*Instructions for the task:*
Starting at the line containing "abbrev pub HilBusMap : Type 0" and ending at the line containing "is_io_address_free bus_map addr", print every line of the material below exactly, both ends included, and stop there.

+--

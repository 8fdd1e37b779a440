-- ===== src/BusMap.antt =====
-- includes/deployment/hil_bus_map.hpp and src/deployment/hil_bus_map.cpp: the interconnect slots of
-- a deployment, in the order in which they were added. A slot is a value of the fCore toolchain, of
-- which the driver reads the fields below. `push_back` is the only way to add one slot.
pub mod FreeAddress
pub mod Translate
use uscope_driver.Prelude.{
  ℕ, zero, suc, ◌+◌, ◌-◌, ◌^◌, String, Bool, true, false, List, [], ◌∷◌, ◌++◌, Option, none, some,
  not, ◌&&◌, ◌==◌, if◌then◌else◌, any, length, u16, str_eq,
}
use uscope_driver.Exec.{Result, ok, err, runtime_error}
use uscope_driver.Decimal.{concat, to_string}

-- The type of a signal, its width and its sign.
pub record IomMetadata : Type 0 where
  pub is_float : Bool
  pub width : ℕ
  pub is_signed : Bool

pub record InterconnectSlot : Type 0 where
  pub source_id : String
  pub source_name : String
  pub source_io_address : ℕ
  pub source_channel : ℕ
  pub destination_id : String
  pub destination_name : String
  pub destination_bus_address : ℕ
  pub destination_channel : ℕ
  pub metadata : IomMetadata

pub record BusAddress : Type 0 where
  pub address : ℕ
  pub channel : ℕ

pub record OutputSpecs : Type 0 where
  pub core_name : String
  pub source_output : String
  pub channel : ℕ

abbrev pub HilBusMap : Type 0
HilBusMap = List InterconnectSlot

unfoldable pub set_map : List InterconnectSlot → HilBusMap
set_map slots = slots

unfoldable pub push_back : HilBusMap → InterconnectSlot → HilBusMap
push_back bus_map e = bus_map ++ e ∷ []

abbrev pub clear : HilBusMap
clear = []

unfoldable pub is_bus_address_free : HilBusMap → ℕ → Bool
is_bus_address_free bus_map addr = not (any (λ e. e.destination_bus_address == addr) bus_map)

unfoldable pub is_io_address_free : HilBusMap → ℕ → String → Bool
is_io_address_free bus_map addr p_n =
    not (any (λ e. e.source_io_address == addr && str_eq e.source_id p_n) bus_map)

-- `for(i = bus_map.size(); i<(1<<16); i++)`, with the rounds left as the first argument.
unfoldable pub first_free_from : HilBusMap → ℕ → ℕ → Result ℕ
first_free_from bus_map zero i = err (runtime_error "Unable to find free bus address")
first_free_from bus_map (suc rounds) i =
    let rest = first_free_from bus_map rounds (i + 1) in
    if is_bus_address_free bus_map i then ok i else rest

unfoldable pub get_free_address : HilBusMap → ℕ → Result ℕ
unfolding first_free_from is_bus_address_free
get_free_address bus_map original_addr =
    if is_bus_address_free bus_map original_addr
    then ok original_addr
    else first_free_from bus_map (2 ^ 16 - length bus_map) (length bus_map)

abbrev pub is_output : OutputSpecs → InterconnectSlot → Bool
is_output out e =
    str_eq e.source_id out.core_name
    && str_eq e.source_name out.source_output
    && e.source_channel == out.channel

abbrev pub missing_output : OutputSpecs → String
missing_output out = concat (
    "Unable to find requested output: "
    ∷ out.core_name
    ∷ "."
    ∷ out.source_output
    ∷ "["
    ∷ to_string out.channel
    ∷ "]"
    ∷ [])

unfoldable pub translate_output : HilBusMap → OutputSpecs → Result BusAddress
translate_output [] out = err (runtime_error (missing_output out))
translate_output (e ∷ bus_map) out =
    if is_output out e
    then ok (record { address = e.destination_bus_address; channel = e.destination_channel })
    else translate_output bus_map out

+--

*Solution for this problem:*
abbrev pub HilBusMap : Type 0
HilBusMap = List InterconnectSlot

unfoldable pub set_map : List InterconnectSlot → HilBusMap
set_map slots = slots

unfoldable pub push_back : HilBusMap → InterconnectSlot → HilBusMap
push_back bus_map e = bus_map ++ e ∷ []

abbrev pub clear : HilBusMap
clear = []

unfoldable pub is_bus_address_free : HilBusMap → ℕ → Bool
is_bus_address_free bus_map addr = not (any (λ e. e.destination_bus_address == addr) bus_map)

unfoldable pub is_io_address_free : HilBusMap → ℕ → String → Bool
is_io_address_free bus_map addr p_n =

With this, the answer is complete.